> [Your instructions] Write out the full listing exactly as it appears below.

> [Extracted information]

* * * * *

-- ===== src/Screen/Pages.antt =====
-- src/main.cpp: the page that is shown, and the length of the histories.
use mathlib.Core.Option.{none-ne-some}
use native.Mathlib.Nat.{div-mul-le_self, lt-div-mul-add, div-lt_iff_lt-mul}
use mtop.Base.{
  sym, ltb→lt, subst, ℕ, suc, ◌+◌, ◌-◌, ◌*◌, ◌/◌, ◌≤◌, ◌<◌, ◌≡◌, refl, arith, true, ◌||◌, min, max,
  ltb, leb, List, [], ◌∷◌, ◌++◌, Option, none, some, is_nil, length, take, length-drop,
  take-append-drop, Bool-cases, Option-cases, inl, inr, if_rule,
}
use mtop.Base.Int.{ℤ, pos, negsuc, ◌-ℤ◌, max_ℤ, clamp_ℤ}
use mtop.Screen.Actions.{
  ProcessViewMetrics, find_row, find_selected, page_with, calculate_process_metrics, to_ℕ,
  trim_history,
}
use mtop.Screen.{UiState, ProcessRow}

-- The row `index` is on the page, and the page is one of `page_count`.
abbrev pub IsOn : ℕ → ℕ → ℕ → ℕ → Type 0
IsOn index page page_rows page_count =
    (page * page_rows ≤ index) × (index < suc page * page_rows) × (page < page_count)

page_with-IsOn :
    (page_rows page row_count index : ℕ)
    → 0 < page_rows
    → index < row_count
    → page < max 1 ((row_count + page_rows - 1) / page_rows)
    → IsOn index
        (page_with page_rows page (some index))
        page_rows
        (max 1 ((row_count + page_rows - 1) / page_rows))
page_with-IsOn page_rows page row_count index h l p =
    elim (Bool-cases (ltb index (page * page_rows) || leb (suc page * page_rows) index)) [
      | inl away ↦ rw away (
        div-mul-le_self index page_rows,
        omega (arith, lt-div-mul-add {a = index} h),
        omega (arith, last_page),
      )
      | inr here ↦ rw here (ground arith, ground arith, p)
    ]
  where
    last_page : index / page_rows < (row_count + page_rows - 1) / page_rows
    last_page =
        (div-lt_iff_lt-mul h).1 (omega (arith, lt-div-mul-add {a = row_count + page_rows - 1} h))

nil_length : {A : Type 0} (xs : List A) → is_nil xs ≡ true → length xs ≡ 0
nil_length [] h = refl
nil_length (x ∷ xs) h = absurd cc

positive : (window_height : ℤ) → 0 < to_ℕ (max_ℤ (pos 1) (window_height -ℤ pos 3))
unfolding ◌-ℤ◌
positive (pos n) = ground arith
positive (negsuc n) = ground arith

on_page :
    (page : ℤ) (last count : ℕ) → last < count → to_ℕ (clamp_ℤ page (pos 0) (pos last)) < count
unfolding clamp_ℤ
on_page (pos n) last count h = ground arith
on_page (negsuc n) last count h = ground arith

module _ {F : Type 0} where
  find_row-lt :
      (rows : List (ProcessRow F)) (pid : ℤ) (i : ℕ) → find_row rows pid ≡ some i → i < length rows
  unfolding find_row
  find_row-lt [] pid i h = absurd (none-ne-some i h)
  find_row-lt (row ∷ rows) pid i h = elim (Option-cases (find_row rows pid)) [
    | inl missing ↦ ground arith
    | inr (k, e) ↦ ground (arith, find_row-lt rows pid k e)
  ]

  abbrev selected_in : List (ProcessRow F) → Option ℤ → Option ℕ
  selected_in rows none = none
  selected_in rows (some pid) = find_row rows pid

  pub find_selected-lt :
      (rows : List (ProcessRow F)) (state : UiState) (i : ℕ)
      → find_selected rows state ≡ some i
      → i < length rows
  unfolding find_selected
  find_selected-lt rows state i h = elim (Option-cases state.selected_pid) [
    | inl e ↦ absurd (none-ne-some i (subst (λ o. selected_in rows o ≡ some i) e h))
    | inr (pid, e) ↦ find_row-lt rows pid i (subst (λ o. selected_in rows o ≡ some i) e h)
  ]

  -- Where a row is selected, the table's page is one that exists, and the selected row stands on it.
  pub calculate_process_metrics-IsOn :
      (rows : List (ProcessRow F)) (state : UiState) (window_height : ℤ) (index : ℕ)
      → find_selected rows state ≡ some index
      → IsOn index
          (to_ℕ (calculate_process_metrics rows state window_height).1.table_page)
          (calculate_process_metrics rows state window_height).0.page_rows
          (calculate_process_metrics rows state window_height).0.page_count
  unfolding calculate_process_metrics
  calculate_process_metrics-IsOn rows state window_height index h =
      let page_rows = to_ℕ (max_ℤ (pos 1) (window_height -ℤ pos 3)) in
      let page_count = max 1 ((length rows + page_rows - 1) / page_rows) in
      let P : ProcessViewMetrics × UiState → Type 0 =
        λ r. IsOn index (to_ℕ r.1.table_page) r.0.page_rows r.0.page_count in
      let lt = find_selected-lt rows state index h in
      if_rule P (is_nil rows) (λ e. absurd (omega (arith, nil_length rows e, lt)))
        λ _. rw h (
          page_with-IsOn page_rows (to_ℕ (clamp_ℤ state.table_page (pos 0) (pos (page_count - 1))))
            (length rows) index (positive window_height) lt
            (on_page state.table_page (page_count - 1) page_count (omega arith)))

-- A history is cut to its last `limit` samples: the oldest go, and none that is kept moves.
trim_history_lem :
    {A : Type 0} (history : List A) (limit : ℕ)
    → (length (trim_history history limit) ≡ min limit (length history))
      × (take (length history - limit) history ++ trim_history history limit ≡ history)
unfolding trim_history
trim_history_lem history limit = elim (Bool-cases (ltb limit (length history))) [
  | inl longer ↦ rw longer (
    omega
        (arith, length-drop (length history - limit) history, ltb→lt limit (length history) longer),
    take-append-drop (length history - limit) history,
  )
  | inr short ↦
      let none_over : length history - limit ≡ 0 = ground arith in
      rw short (ground arith, subst (λ k. take k history ++ history ≡ history) (sym none_over) refl)
]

* * * * *

> [Answer section]
-- ===== src/Screen/Pages.antt =====
-- src/main.cpp: the page that is shown, and the length of the histories.
use mathlib.Core.Option.{none-ne-some}
use native.Mathlib.Nat.{div-mul-le_self, lt-div-mul-add, div-lt_iff_lt-mul}
use mtop.Base.{
  sym, ltb→lt, subst, ℕ, suc, ◌+◌, ◌-◌, ◌*◌, ◌/◌, ◌≤◌, ◌<◌, ◌≡◌, refl, arith, true, ◌||◌, min, max,
  ltb, leb, List, [], ◌∷◌, ◌++◌, Option, none, some, is_nil, length, take, length-drop,
  take-append-drop, Bool-cases, Option-cases, inl, inr, if_rule,
}
use mtop.Base.Int.{ℤ, pos, negsuc, ◌-ℤ◌, max_ℤ, clamp_ℤ}
use mtop.Screen.Actions.{
  ProcessViewMetrics, find_row, find_selected, page_with, calculate_process_metrics, to_ℕ,
  trim_history,
}
use mtop.Screen.{UiState, ProcessRow}

-- The row `index` is on the page, and the page is one of `page_count`.
abbrev pub IsOn : ℕ → ℕ → ℕ → ℕ → Type 0
IsOn index page page_rows page_count =
    (page * page_rows ≤ index) × (index < suc page * page_rows) × (page < page_count)

page_with-IsOn :
    (page_rows page row_count index : ℕ)
    → 0 < page_rows
    → index < row_count
    → page < max 1 ((row_count + page_rows - 1) / page_rows)
    → IsOn index
        (page_with page_rows page (some index))
        page_rows
        (max 1 ((row_count + page_rows - 1) / page_rows))
page_with-IsOn page_rows page row_count index h l p =
    elim (Bool-cases (ltb index (page * page_rows) || leb (suc page * page_rows) index)) [
      | inl away ↦ rw away (
        div-mul-le_self index page_rows,
        omega (arith, lt-div-mul-add {a = index} h),
        omega (arith, last_page),
      )
      | inr here ↦ rw here (ground arith, ground arith, p)
    ]
  where
    last_page : index / page_rows < (row_count + page_rows - 1) / page_rows
    last_page =
        (div-lt_iff_lt-mul h).1 (omega (arith, lt-div-mul-add {a = row_count + page_rows - 1} h))

nil_length : {A : Type 0} (xs : List A) → is_nil xs ≡ true → length xs ≡ 0
nil_length [] h = refl
nil_length (x ∷ xs) h = absurd cc

positive : (window_height : ℤ) → 0 < to_ℕ (max_ℤ (pos 1) (window_height -ℤ pos 3))
unfolding ◌-ℤ◌
positive (pos n) = ground arith
positive (negsuc n) = ground arith

on_page :
    (page : ℤ) (last count : ℕ) → last < count → to_ℕ (clamp_ℤ page (pos 0) (pos last)) < count
unfolding clamp_ℤ
on_page (pos n) last count h = ground arith
on_page (negsuc n) last count h = ground arith

module _ {F : Type 0} where
  find_row-lt :
      (rows : List (ProcessRow F)) (pid : ℤ) (i : ℕ) → find_row rows pid ≡ some i → i < length rows
  unfolding find_row
  find_row-lt [] pid i h = absurd (none-ne-some i h)
  find_row-lt (row ∷ rows) pid i h = elim (Option-cases (find_row rows pid)) [
    | inl missing ↦ ground arith
    | inr (k, e) ↦ ground (arith, find_row-lt rows pid k e)
  ]

  abbrev selected_in : List (ProcessRow F) → Option ℤ → Option ℕ
  selected_in rows none = none
  selected_in rows (some pid) = find_row rows pid

  pub find_selected-lt :
      (rows : List (ProcessRow F)) (state : UiState) (i : ℕ)
      → find_selected rows state ≡ some i
      → i < length rows
  unfolding find_selected
  find_selected-lt rows state i h = elim (Option-cases state.selected_pid) [
    | inl e ↦ absurd (none-ne-some i (subst (λ o. selected_in rows o ≡ some i) e h))
    | inr (pid, e) ↦ find_row-lt rows pid i (subst (λ o. selected_in rows o ≡ some i) e h)
  ]

  -- Where a row is selected, the table's page is one that exists, and the selected row stands on it.
  pub calculate_process_metrics-IsOn :
      (rows : List (ProcessRow F)) (state : UiState) (window_height : ℤ) (index : ℕ)
      → find_selected rows state ≡ some index
      → IsOn index
          (to_ℕ (calculate_process_metrics rows state window_height).1.table_page)
          (calculate_process_metrics rows state window_height).0.page_rows
          (calculate_process_metrics rows state window_height).0.page_count
  unfolding calculate_process_metrics
  calculate_process_metrics-IsOn rows state window_height index h =
      let page_rows = to_ℕ (max_ℤ (pos 1) (window_height -ℤ pos 3)) in
      let page_count = max 1 ((length rows + page_rows - 1) / page_rows) in
      let P : ProcessViewMetrics × UiState → Type 0 =
        λ r. IsOn index (to_ℕ r.1.table_page) r.0.page_rows r.0.page_count in
      let lt = find_selected-lt rows state index h in
      if_rule P (is_nil rows) (λ e. absurd (omega (arith, nil_length rows e, lt)))
        λ _. rw h (
          page_with-IsOn page_rows (to_ℕ (clamp_ℤ state.table_page (pos 0) (pos (page_count - 1))))
            (length rows) index (positive window_height) lt
            (on_page state.table_page (page_count - 1) page_count (omega arith)))

-- A history is cut to its last `limit` samples: the oldest go, and none that is kept moves.
trim_history_lem :
    {A : Type 0} (history : List A) (limit : ℕ)
    → (length (trim_history history limit) ≡ min limit (length history))
      × (take (length history - limit) history ++ trim_history history limit ≡ history)
unfolding trim_history
trim_history_lem history limit = elim (Bool-cases (ltb limit (length history))) [
  | inl longer ↦ rw longer (
    omega
        (arith, length-drop (length history - limit) history, ltb→lt limit (length history) longer),
    take-append-drop (length history - limit) history,
  )
  | inr short ↦
      let none_over : length history - limit ≡ 0 = ground arith in
      rw short (ground arith, subst (λ k. take k history ++ history ≡ history) (sym none_over) refl)
]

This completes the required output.